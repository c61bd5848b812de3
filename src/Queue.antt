-- ===== src/Queue.antt =====
-- cognitive_runtime/substrate/event_queue.py: the persistent event queue over SQLite.
--
-- The database file is the record `Db`; it outlives the connection. A call that raises returns the
-- error and leaves database and statistics as they were: the one statement of the queue that can
-- raise within a call, an INSERT that repeats a primary key, comes before the call's other writes.
-- The PRAGMA lines, indices and commits have no part in the model: each call is one transaction.
-- The `json` module is the parameter `codec`; clock readings and fresh UUIDs are arguments.
mod Rows
pub mod Events
pub mod DeadLetter
pub mod Ordered
pub mod Calls
pub mod Invariant
pub mod Preserved
pub mod Fifo
pub mod Retries
pub mod Kept
pub use Rows.{
  Status, pending, processing, done, dead, same_status, EventRow, DeadRow, DecisionRow, ResultRow,
  Db, empty_db, find_event, find_dead, with_status, by_sequence, newest_first,
}
unfoldable pub use Rows.{
  find, update, insert_by, order_by, max_sequence, take_oldest, delete_oldest,
}
use stocky_cognitive_runtime.Prelude.{
  ℕ, zero, suc, ◌+◌, ◌-◌, String, Bool, true, false, not, ◌&&◌, Option, none, some, List, [], ◌∷◌,
  ◌++◌, map, str_eq, ltb, leb, if◌then◌else◌, length, keep,
}
use stocky_cognitive_runtime.Prelude.Raise.{Result, ok, err, ◌>>=◌}
use stocky_cognitive_runtime.Data.Json.{
  Json, null, str, obj, Fields, end, field, truthy, get_field, Codec,
}
use stocky_cognitive_runtime.Data.Contract.{
  HostEvent, PolicyDecision, ExecutionResult, DeadLetterEvent, ResultStatus, success, failed,
  skipped, queued,
}

pub record QueueStats : Type 0 where
  pub total_events : ℕ
  pub processed : ℕ
  pub failures : ℕ
  pub dead_lettered : ℕ
  pub depth : ℕ
  pub last_event_id : String
  pub last_event_at : Option ℕ

-- `connected` is `_conn is not None`.
pub record EventQueue : Type 0 where
  pub db : Db
  pub max_retries : ℕ
  pub connected : Bool
  pub stats : QueueStats
  pub closed : Bool

-- `not_connected` is the AttributeError of a call on `None`, `unbindable` the error of sqlite3 for a
-- value that it cannot store as text, `not_a_dict` the AttributeError of `get` on a JSON value.
pub data QueueError : Type 0 where
  not_connected integrity_error unbindable not_a_dict : QueueError

abbrev pub Answer : Type 0 → Type 0
Answer A = Result QueueError (A × EventQueue)

abbrev pub max_dead_letter : ℕ
max_dead_letter = 1000

abbrev pub new_stats : QueueStats
new_stats = record {
  total_events = 0;
  processed = 0;
  failures = 0;
  dead_lettered = 0;
  depth = 0;
  last_event_id = "";
  last_event_at = none;
}

-- `EventQueue(db_path, max_retries)`, over what the file holds.
abbrev pub new_queue : Db → ℕ → EventQueue
new_queue db max_retries = record {
  db = db;
  max_retries = max_retries;
  connected = false;
  stats = new_stats;
  closed = false;
}

-- `count_by_status`, at one status (a status with no row counts 0).
pub count_by_status : List EventRow → Status → ℕ
count_by_status rows s = length (with_status s rows)

unfoldable pub refresh_stats : EventQueue → EventQueue
unfolding count_by_status
refresh_stats q = record q {
  stats = record q.stats {
    processed = count_by_status q.db.events done;
    failures = count_by_status q.db.events pending;
    depth = count_by_status q.db.events pending;
    dead_lettered = length q.db.dead_letter;
  };
}

unfoldable pub open_queue : EventQueue → EventQueue
unfolding refresh_stats
open_queue q = refresh_stats (record q { connected = true })

unfoldable pub close_queue : EventQueue → EventQueue
close_queue q = if q.connected then record q { connected = false; closed = true } else q

unfoldable pub next_sequence : List EventRow → ℕ
unfolding max_sequence
next_sequence rows = max_sequence rows + 1

abbrev pub is_some {ℓ} : {A : Type ℓ} → Option A → Bool
is_some none = false
is_some (some a) = true

unfoldable pub queue_depth : EventQueue → ℕ
unfolding count_by_status
queue_depth q = if not q.connected then 0 else count_by_status q.db.events pending
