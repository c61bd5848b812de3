-- ===== src/Queue/Events.antt =====
-- substrate/event_queue.py: the life of an event, `push`, `pop` and `ack`.
use stocky_cognitive_runtime.Prelude.{
  ℕ, ◌+◌, String, not, Option, none, some, List, [], ◌∷◌, ◌++◌, if◌then◌else◌,
}
use stocky_cognitive_runtime.Prelude.Raise.{ok, err}
use stocky_cognitive_runtime.Data.Json.{Json, null, str, obj, end, field, truthy, Codec}
use stocky_cognitive_runtime.Data.Contract.{
  HostEvent, ExecutionResult, ResultStatus, success, failed, skipped, queued,
}
use stocky_cognitive_runtime.Queue.{
  pending, processing, done, EventRow, ResultRow, find_event, with_status, by_sequence, find,
  update, order_by, EventQueue, Answer, not_connected, integrity_error, next_sequence, is_some,
}

abbrev pub status_text : ResultStatus → String
status_text success = "SUCCESS"
status_text failed = "FAILED"
status_text skipped = "SKIPPED"
status_text queued = "QUEUED"

abbrev or_null : Option Json → Json
or_null none = null
or_null (some j) = j

abbrev text_or_null : Option String → Json
text_or_null none = null
text_or_null (some s) = str s

abbrev pub start : ℕ → EventRow → EventRow
start now r = record r { status = processing; started_at = some now }

abbrev pub finish : ℕ → String → EventRow → EventRow
finish now text r = record r { status = done; finished_at = some now; result = some text }

module _ (codec : Codec) where
  unfoldable pub new_row : HostEvent → ℕ → ℕ → EventRow
  new_row e now seq = record {
    event_id = e.event_id;
    session_id = e.session_id;
    event_type = e.source;
    payload = codec.dumps e.payload;
    status = pending;
    retry_count = 0;
    created_at = now;
    started_at = none;
    finished_at = none;
    result = none;
    error = none;
    sequence_no = seq;
  }

  unfoldable pub push : EventQueue → HostEvent → ℕ → Answer HostEvent
  unfolding new_row next_sequence find
  push q e now =
      if not q.connected
      then err not_connected
      else if is_some (find_event e.event_id q.db.events)
      then err integrity_error
      else ok (
        e,
        record q {
          db = record q.db {
            events = q.db.events ++ new_row e now (next_sequence q.db.events) ∷ [];
          };
          stats = record q.stats {
            total_events = q.stats.total_events + 1;
            last_event_id = e.event_id;
            last_event_at = some now;
          };
        },
      )

  -- The event that a row is read back as.
  unfoldable pub event_of : EventRow → HostEvent
  event_of r = record {
    event_id = r.event_id;
    session_id = r.session_id;
    timestamp = r.created_at;
    source = r.event_type;
    payload = codec.loads r.payload;
  }

  -- The row of `LIMIT 1`, if there is one, is marked and returned.
  unfoldable pub pop_first : EventQueue → ℕ → List EventRow → Option HostEvent × EventQueue
  unfolding update event_of
  pop_first q now [] = (none, q)
  pop_first q now (r ∷ rs) = (
    some (event_of r),
    record q { db = record q.db { events = update r.event_id (start now) q.db.events } },
  )

  unfoldable pub pop : EventQueue → ℕ → Answer (Option HostEvent)
  unfolding pop_first order_by
  pop q now =
      if not q.connected
      then err not_connected
      else ok (pop_first q now (order_by by_sequence (with_status pending q.db.events)))

  unfoldable pub result_text : ExecutionResult → String
  result_text r = codec.dumps (
      obj (
        field "status" (str (status_text r.status))
          (field "output" (or_null r.output) (field "error" (text_or_null r.error) end))))

  stored_output : Option Json → Option String
  stored_output none = none
  stored_output (some j) = if truthy j then some (codec.dumps j) else none

  -- `_insert_result`: INSERT OR IGNORE.
  unfoldable pub insert_result : ExecutionResult → List ResultRow → List ResultRow
  unfolding find stored_output
  insert_result r rows =
      if is_some (find (λ (row : ResultRow). row.execution_id) r.execution_id rows)
      then rows
      else rows
        ++ (record {
          execution_id = r.execution_id;
          proposal_id = r.proposal_id;
          session_id = r.session_id;
          status = r.status;
          output = stored_output r.output;
          error = r.error;
          started_at = r.started_at;
          finished_at = r.finished_at;
        })
          ∷ []

  unfoldable pub ack : EventQueue → String → ExecutionResult → ℕ → Answer Unit
  unfolding update insert_result result_text
  ack q event_id r now =
      if not q.connected
      then err not_connected
      else ok (
        tt,
        record q {
          db = record q.db {
            events = update event_id (finish now (result_text r)) q.db.events;
            results = insert_result r q.db.results;
          };
          stats = record q.stats { processed = q.stats.processed + 1 };
        },
      )
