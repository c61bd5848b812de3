-- ===== src/Queue/DeadLetter.antt =====
-- substrate/event_queue.py: `nack`, the dead letter table and its replay, and the reading calls.
use stocky_cognitive_runtime.Prelude.{
  ℕ, ◌+◌, ◌-◌, String, not, ◌&&◌, Option, none, some, List, [], ◌∷◌, ◌++◌, map, str_eq, ltb, leb,
  if◌then◌else◌, length, keep,
}
use stocky_cognitive_runtime.Prelude.Raise.{Result, ok, err, ◌>>=◌}
use stocky_cognitive_runtime.Data.Json.{Json, str, obj, get_field, Codec}
use stocky_cognitive_runtime.Data.Contract.{HostEvent, PolicyDecision, DeadLetterEvent}
use stocky_cognitive_runtime.Queue.{
  pending, dead, EventRow, DeadRow, DecisionRow, find_event, find_dead, by_sequence, newest_first,
  find, update, order_by, delete_oldest, EventQueue, Answer, QueueError, not_connected,
  integrity_error, unbindable, not_a_dict, max_dead_letter, is_some,
}
use stocky_cognitive_runtime.Queue.Events.{push, event_of}

-- `_prune_dead_letter`
unfoldable pub prune_dead_letter : List DeadRow → List DeadRow
unfolding delete_oldest
prune_dead_letter rows =
    if ltb max_dead_letter (length rows)
    then delete_oldest (length rows - max_dead_letter) rows
    else rows

-- The INSERT OR IGNORE of `_move_to_dlq`.
unfoldable pub insert_dead : DeadRow → List DeadRow → List DeadRow
unfolding find
insert_dead row rows = if is_some (find_dead row.event_id rows) then rows else rows ++ row ∷ []

-- `_move_to_dlq`
unfoldable pub move_to_dlq : DeadRow → List DeadRow → List DeadRow
unfolding prune_dead_letter insert_dead
move_to_dlq row rows = prune_dead_letter (insert_dead row rows)

abbrev pub dead_row : String → String → String → ℕ → ℕ → DeadRow
dead_row event_id payload reason count now = record {
  event_id = event_id;
  original_event = payload;
  failure_reason = reason;
  retry_count = count;
  created_at = now;
}

abbrev pub bury : String → ℕ → EventRow → EventRow
bury error retries r = record r { status = dead; error = some error; retry_count = retries }

abbrev pub again : ℕ → EventRow → EventRow
again retries r = record r { status = pending; retry_count = retries }

-- The two branches of `nack` on the row that it found.
unfoldable pub nack_row : EventQueue → String → String → ℕ → EventRow → EventQueue
unfolding move_to_dlq update
nack_row q event_id error now row =
    let retries = row.retry_count + 1 in
    if leb q.max_retries retries
    then record q {
      db = record q.db {
        events = update event_id (bury error retries) q.db.events;
        dead_letter =
            move_to_dlq (dead_row event_id row.payload error retries now) q.db.dead_letter;
      };
      stats = record q.stats { dead_lettered = q.stats.dead_lettered + 1 };
    }
    else record q {
      db = record q.db { events = update event_id (again retries) q.db.events };
      stats = record q.stats { failures = q.stats.failures + 1 };
    }

unfoldable pub nack_found : EventQueue → String → String → ℕ → Option EventRow → EventQueue
unfolding nack_row
nack_found q event_id error now none = q
nack_found q event_id error now (some row) = nack_row q event_id error now row

-- The code ignores the argument `proposal`.
unfoldable pub nack : EventQueue → String → String → ℕ → Answer Unit
unfolding nack_found find
nack q event_id error now =
    if not q.connected
    then err not_connected
    else ok (tt, nack_found q event_id error now (find_event event_id q.db.events))

unfoldable pub decision_row : PolicyDecision → ℕ → DecisionRow
decision_row d now = record {
  decision_id = d.decision_id;
  proposal_id = d.proposal_id;
  session_id = d.session_id;
  verdict = d.verdict;
  reason = d.reason;
  risk_level = d.risk_level;
  rule_triggered = d.rule_triggered;
  confidence = d.confidence;
  created_at = now;
}

abbrev pub find_decision : String → List DecisionRow → Option DecisionRow
find_decision = find (λ row. row.decision_id)

-- `record_decision`: a plain INSERT.
unfoldable pub record_decision : EventQueue → PolicyDecision → ℕ → Answer Unit
unfolding find decision_row
record_decision q d now =
    if not q.connected
    then err not_connected
    else if is_some (find_decision d.decision_id q.db.decisions)
    then err integrity_error
    else ok (
      tt,
      record q { db = record q.db { decisions = q.db.decisions ++ decision_row d now ∷ [] } },
    )

unfoldable pub delete_dead : String → EventQueue → EventQueue
delete_dead event_id q = record q {
  db = record q.db { dead_letter = keep (λ r. not (str_eq r.event_id event_id)) q.db.dead_letter };
}

abbrev pub replay_event : String → ℕ → Json → String → HostEvent
replay_event fresh_id created payload session_id = record {
  event_id = fresh_id;
  session_id = session_id;
  timestamp = created;
  source = "replay";
  payload = payload;
}

unfoldable pub drop_replayed : String → HostEvent × EventQueue → Answer (Option HostEvent)
unfolding delete_dead
drop_replayed event_id (e, q) = ok (some e, delete_dead event_id q)

module _ (codec : Codec) where
  unfoldable pub dead_event_of : DeadRow → DeadLetterEvent
  dead_event_of r = record {
    event_id = r.event_id;
    original_event = codec.loads r.original_event;
    failure_reason = r.failure_reason;
    retry_count = r.retry_count;
  }

  unfoldable pub dead_letter_events : EventQueue → Result QueueError (List DeadLetterEvent)
  unfolding dead_event_of order_by
  dead_letter_events q =
      if not q.connected
      then err not_connected
      else ok (map dead_event_of (order_by newest_first q.db.dead_letter))

  -- `get_by_session`, which `replay` calls.
  unfoldable pub get_by_session : EventQueue → String → Result QueueError (List HostEvent)
  unfolding order_by
  get_by_session q session_id =
      if not q.connected
      then err not_connected
      else ok (
          map (event_of codec)
            (order_by by_sequence (keep (λ r. str_eq r.session_id session_id) q.db.events)))

  unfoldable pub get_by_range : EventQueue → ℕ → ℕ → Result QueueError (List HostEvent)
  unfolding order_by
  get_by_range q start_seq end_seq =
      if not q.connected
      then err not_connected
      else ok (
          map (event_of codec) (
            order_by by_sequence
              (keep (λ r. leb start_seq r.sequence_no && leb r.sequence_no end_seq) q.db.events)))

  -- What sqlite3 stores for a value in a TEXT column that holds no null, `none` if it refuses it.
  module _ (bind : Json → Option String) where
    unfoldable pub session_text : Option Json → Result QueueError String
    session_text none = ok ""
    session_text (some (str s)) = ok s
    session_text (some j) = elim (bind j) [ none ↦ err unbindable | some s ↦ ok s ]

    -- `payload.get("session_id", "")`
    unfoldable pub session_of : Json → Result QueueError String
    unfolding session_text get_field
    session_of (obj fields) = session_text (get_field fields "session_id")
    session_of _ = err not_a_dict

    unfoldable pub push_replayed :
        EventQueue → String → String → ℕ → ℕ → Json → String → Answer (Option HostEvent)
    unfolding push drop_replayed
    push_replayed q event_id fresh_id created now payload session_id =
        push codec q (replay_event fresh_id created payload session_id) now
        >>= drop_replayed event_id

    -- The row that was found is pushed as a new event and deleted; `created` and `now` are the
    -- readings for the new event and for `push`.
    unfoldable pub replay_row :
        EventQueue → String → String → ℕ → ℕ → DeadRow → Answer (Option HostEvent)
    unfolding session_of push_replayed
    replay_row q event_id fresh_id created now row =
        let payload = codec.loads row.original_event in
        session_of payload >>= push_replayed q event_id fresh_id created now payload

    unfoldable pub replay_found :
        EventQueue → String → String → ℕ → ℕ → Option DeadRow → Answer (Option HostEvent)
    unfolding replay_row
    replay_found q event_id fresh_id created now none = ok (none, q)
    replay_found q event_id fresh_id created now (some row) =
        replay_row q event_id fresh_id created now row

    unfoldable pub replay_dead_letter :
        EventQueue → String → String → ℕ → ℕ → Answer (Option HostEvent)
    unfolding replay_found find
    replay_dead_letter q event_id fresh_id created now =
        if not q.connected
        then err not_connected
        else replay_found q event_id fresh_id created now (find_dead event_id q.db.dead_letter)
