-- ===== src/TaskQueue/Pool.antt =====
-- src/dc_thread_pool/thread_pool.h: the life of a pool of `n` workers, and its `stop`.
use rundo_dahua_sdk_edge.Common.{
  ℕ, ◌≡◌, ◌≢◌, refl, ◌<◌, ◌∙◌, Bool, true, false, ◌&&◌, arith, if◌then◌else◌,
}
use rundo_dahua_sdk_edge.TaskQueue.{
  Queue, empty, push_task, push_task_first, push_exit, Step, Reach, start, next,
}
use rundo_dahua_sdk_edge.TaskQueue.Balance.{Reach-left}

-- What becomes of a task that is handed to the pool.
pub data Input (A : Type 0) : Type 0 where
  run_at_once : A → Input A
  queued : Queue A → Input A

-- `input_task`: a worker that may run a task itself does so.
unfoldable pub input_task : {A : Type 0} → Bool → Bool → A → Queue A → Input A
input_task may_sync is_this_thread_in a q =
    if may_sync && is_this_thread_in then run_at_once a else queued (push_task a q)

-- `input_task_first` does not ask whether the caller is a worker.
unfoldable pub input_task_first : {A : Type 0} → Bool → A → Queue A → Input A
input_task_first may_sync a q = if may_sync then run_at_once a else queued (push_task_first a q)

-- The states of a pool of `n` workers. While it is not stopped its threads take steps, none of which
-- is `push_exit`, which only `stop` calls: `join_all` first, which returns when every worker has left,
-- and then `push_exit`.
pub data Pool {A : Type 0} (n : ℕ) : Bool → Queue A → Type 0 where
  runs : {b : Bool} {q : Queue A} → b ≡ false → q ≡ empty → Pool n b q
  steps : {b : Bool} {q r : Queue A} → Pool n b q → Step q r → r.exits ≡ q.exits → Pool n b r
  stops :
      {b c : Bool} {q r : Queue A}
      → Pool n b q
      → b ≡ false
      → q.left ≡ n
      → c ≡ true
      → r ≡ push_exit n q
      → Pool n c r

Pool-Reach :
    {A : Type 0} (n : ℕ) (b : Bool) (q : Queue A) → Pool n b q → b ≡ false → Reach q × (q.exits ≡ 0)
unfolding empty
Pool-Reach n b q (runs e s) f = (start s, ground arith)
Pool-Reach n b r (steps {q = q} p s e) f =
    let (reached, none_yet) = Pool-Reach n b q p f in (next reached s, e ∙ none_yet)
Pool-Reach n c r (stops p e l g h) f = absurd (cc)

Pool-stuck : {A : Type 0} (n : ℕ) (b : Bool) (q : Queue A) → 0 < n → Pool n b q → b ≢ true
Pool-stuck n b q h (runs e s) t = cc
Pool-stuck n b r h (steps {q = q} p s e) t = Pool-stuck n b q h p t
Pool-stuck n c r h (stops {b = b} {q = q} p e l g k) t =
    let (reached, none_yet) = Pool-Reach n b q p e in omega (arith, Reach-left q reached none_yet)

-- A pool with a worker never gets past `stop`: the workers are joined before they are told to leave,
-- so in no interleaving does `join_all` return.
pub not-Pool-true : {A : Type 0} (n : ℕ) (q : Queue A) → 0 < n → ¬ Pool n true q
not-Pool-true n q h p = Pool-stuck n true q h p refl
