-- ===== src/TaskQueue/Refine.antt =====
-- src/dc_thread_pool: what a queue of tasks promises, whatever its threads do in between: a list of
-- tasks that grows at either end and is handed out from the front.
use rundo_dahua_sdk_edge.Common.{List-cases, ◌≡◌, refl, ap, inl, inr, List, [], ◌∷◌, ◌++◌}
use rundo_dahua_sdk_edge.TaskQueue.{
  Queue, empty, push_task, push_task_first, post, push_exit, wait, take, Step, pushes, pushes_first,
  posts, pushes_exit, waits, takes, Reach, start, next,
}

-- The tasks that wait, and those that were handed out.
pub record Deque (A : Type 0) : Type 0 where
  pub waiting : List A
  pub handed : List A

-- What may happen to them.
pub data Change {A : Type 0} (d e : Deque A) : Type 0 where
  unchanged : e ≡ d → Change d e
  joins : (a : A) → e ≡ record d { waiting = d.waiting ++ a ∷ [] } → Change d e
  overtakes : (a : A) → e ≡ record d { waiting = a ∷ d.waiting } → Change d e
  serves : (a : A) → d.waiting ≡ a ∷ e.waiting → e.handed ≡ d.handed ++ a ∷ [] → Change d e

-- The histories of changes from the empty list.
pub data History {A : Type 0} : Deque A → Type 0 where
  begins : {d : Deque A} → d ≡ record { waiting = []; handed = [] } → History d
  changes : {d e : Deque A} → History d → Change d e → History e

abbrev pub view : {A : Type 0} → Queue A → Deque A
view q = record { waiting = q.queue; handed = q.taken }

take-Change : {A : Type 0} (q : Queue A) → Change (view q) (view (take q))
unfolding take
take-Change q = elim (List-cases q.queue) [
  | inl e ↦ unchanged (rw (e, take) (ap (λ w. record { waiting = w; handed = q.taken }) e))
  | inr (a, rest, e) ↦ serves a (rw (e, take) refl) (rw (e, take) refl)
]

-- Each atomic part of each operation makes one change to the list of tasks or none.
pub Step-Change : {A : Type 0} (q r : Queue A) → Step q r → Change (view q) (view r)
unfolding push_task push_task_first post push_exit wait
Step-Change q r (pushes a e) = joins a (ap view e)
Step-Change q r (pushes_first a e) = overtakes a (ap view e)
Step-Change q r (posts h e) = unchanged (ap view e)
Step-Change q r (pushes_exit n e) = unchanged (ap view e)
Step-Change q r (waits h e) = unchanged (ap view e)
Step-Change q r (takes h e) = rw e (take-Change q)

-- Every state that an interleaving of producers and workers leads to is one that a list of tasks gets
-- into which grows at either end and is handed out from the front, one task at a time.
pub Reach-History : {A : Type 0} (q : Queue A) → Reach q → History (view q)
unfolding empty
Reach-History q (start e) = begins (ap view e)
Reach-History r (next {q = q} reached s) = changes (Reach-History q reached) (Step-Change q r s)
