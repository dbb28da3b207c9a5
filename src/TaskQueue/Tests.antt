-- ===== src/TaskQueue/Tests.antt =====
-- The theorems on the task queue, applied to two tasks, one of which is handed out.
use rundo_dahua_sdk_edge.Common.{ℕ, ◌*◌, length, refl, true, arith}
use rundo_dahua_sdk_edge.TaskQueue.{
  Queue, empty, push_task, post, push_exit, wait, take, Reach, start, next, pushes, posts, waits,
  takes,
}
use rundo_dahua_sdk_edge.TaskQueue.Drain.{Drained, Reach-Drained}
use rundo_dahua_sdk_edge.TaskQueue.Pool.{Pool, not-Pool-true}

abbrev pushed_one : Queue ℕ
pushed_one = push_task 1 empty

abbrev pushed_two : Queue ℕ
pushed_two = push_task 2 (post pushed_one)

abbrev taken_one : Queue ℕ
taken_one = take (wait pushed_two)

taken_one-Reach : Reach taken_one
unfolding empty push_task post wait
taken_one-Reach =
    next {q = wait pushed_two}
      (next {q = pushed_two}
        (next {q = post pushed_one}
          (next {q = pushed_one} (next {q = empty} (start refl) (pushes 1 refl))
            (posts (omega arith) refl))
          (pushes 2 refl))
        (waits (omega arith) refl))
      (takes (omega arith) refl)

not-Pool-true_example : ¬ Pool 4 true (push_exit 4 taken_one)
not-Pool-true_example = not-Pool-true 4 (push_exit 4 taken_one) (omega arith)

Reach-Drained_example : Drained (3 * length taken_one.queue) taken_one
unfolding empty push_task post wait take
Reach-Drained_example = Reach-Drained taken_one taken_one-Reach refl
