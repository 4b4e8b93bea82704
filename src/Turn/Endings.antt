-- ===== src/Turn/Endings.antt =====
-- How often the channel hears that a turn is over.
use Prim.Native.String.{String}
use bazaar_compute_node.Prelude.{
  ℕ, ◌+◌, ◌≡◌, refl, sym, ◌∙◌, ap, subst, arith, Bool, true, false, ◌&&◌, ◌⊎◌, inl, inr, Option,
  none, some, List, [], ◌∷◌, Bool-cases, if◌then◌else◌,
}
use bazaar_compute_node.Prelude.Result.{Result, ok, err}
use bazaar_compute_node.Agent.{Actor, same_actor}
use bazaar_compute_node.Turn.{
  RuntimeTurnState, starting, running, completed, failed, cancelled, unknown, RuntimeTurn,
  is_terminal, TurnPayload, turn_started, turn_completed, turn_failed, turn_cancelled, turn_unknown,
  event_state, turn_state, begins, occurs, casefold, is_turn_event, is_terminal_turn_event,
  with_a_reason,
}
use bazaar_compute_node.Turn.Stream.{
  Envelope, Payload, turn_event, other_event, Event, Coordinator, set_turn, show, TurnError,
  terminal_payload, is_retryable, Finish, finish_turn, Consumed, reached, exhausted, raised,
  interrupted, Ending, ends, raises, is_cancelled, updated_turn, unfinished, broken, stopped,
  apply_runtime_event, is_withheld, forward, after_event, on_payload, consume_events, settle,
  consume_turn_stream, finish_state, Await, goes_on, throws, stops, Exit, returns, cancels_out,
  after_await, audited, Awaits, tried, turn_of, raise_again, handled,
}
use bazaar_compute_node.Turn.Steps.{
  next_coordinator, apply-next, terminal_event-over, other_event-active, updated-state,
  transition-state,
}

-- The ending of the turn and the closing of the stream go on.
abbrev pub calm : Awaits
calm = record {
  lock = goes_on;
  audit = goes_on;
  first_close = goes_on;
  handler_lock = goes_on;
  handler_audit = goes_on;
  last_close = goes_on;
}

and_left : (b x : Bool) → (b && x) ≡ true → b ≡ true
and_left true x h = refl
and_left false x h = absurd (cc h)

quiet-why :
    (retry : Bool) (st : RuntimeTurnState)
    → (retry && is_retryable st) ≡ true
    → ((retry ≡ true) × (st ≡ failed)) ⊎ (st ≡ unknown)
unfolding is_retryable
quiet-why retry failed h = inl (and_left retry true h, refl)
quiet-why retry unknown h = inr refl
quiet-why false starting h = absurd (cc h)
quiet-why true starting h = absurd (cc h)
quiet-why false running h = absurd (cc h)
quiet-why true running h = absurd (cc h)
quiet-why false completed h = absurd (cc h)
quiet-why true completed h = absurd (cc h)
quiet-why false cancelled h = absurd (cc h)
quiet-why true cancelled h = absurd (cc h)
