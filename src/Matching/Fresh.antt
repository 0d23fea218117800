-- ===== src/Matching/Fresh.antt =====
-- `NewOrderBook` gives a well-formed book with empty queues.
use tradedrift.Base.{ℕ, ◌≡◌, refl, inl, none, some}
use tradedrift.OrderBook.{SideType, buy, sell, PriceLevel, new_order_book, empty_side}
use tradedrift.Matching.Levels.{IsSide, is_buy, queue}
use tradedrift.Matching.Book.{IsBook}

empty_side-IsSide : (st : SideType) → IsSide st (empty_side (is_buy st))
empty_side-IsSide st = record {
  bid = refl;
  sorted = tt;
  levels = tt;
  keys = λ p l e. absurd (clash l e);
}
  where
    clash : (l : PriceLevel) → none ≡ some l → ⊥
    clash l e = cc

pub new_order_book-IsBook : (market_id : ℕ) → IsBook (new_order_book market_id)
unfolding new_order_book queue
new_order_book-IsBook market_id = record {
  own_ok = empty_side-IsSide buy;
  other_ok = empty_side-IsSide sell;
  own_distinct = tt;
  other_distinct = tt;
  apart = λ k. inl refl;
  indexed = λ k. refl;
}
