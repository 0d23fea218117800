-- ===== src/Orders.antt =====
-- The order service, services/order/internal: the orders' table and its transitions, with the proofs
-- about them.
pub mod Table
pub mod Repository
pub mod Lifecycle
pub mod Steps
pub mod Fills
pub mod Theorems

══════════

*EXERCISE PROMPT*. Look through the records above and please copy every line in which the string "closed" occurs.

*REPLY*.
  pub closed : Bool
  closed = false;
close_queue q = if q.connected then record q { connected = false; closed = true } else q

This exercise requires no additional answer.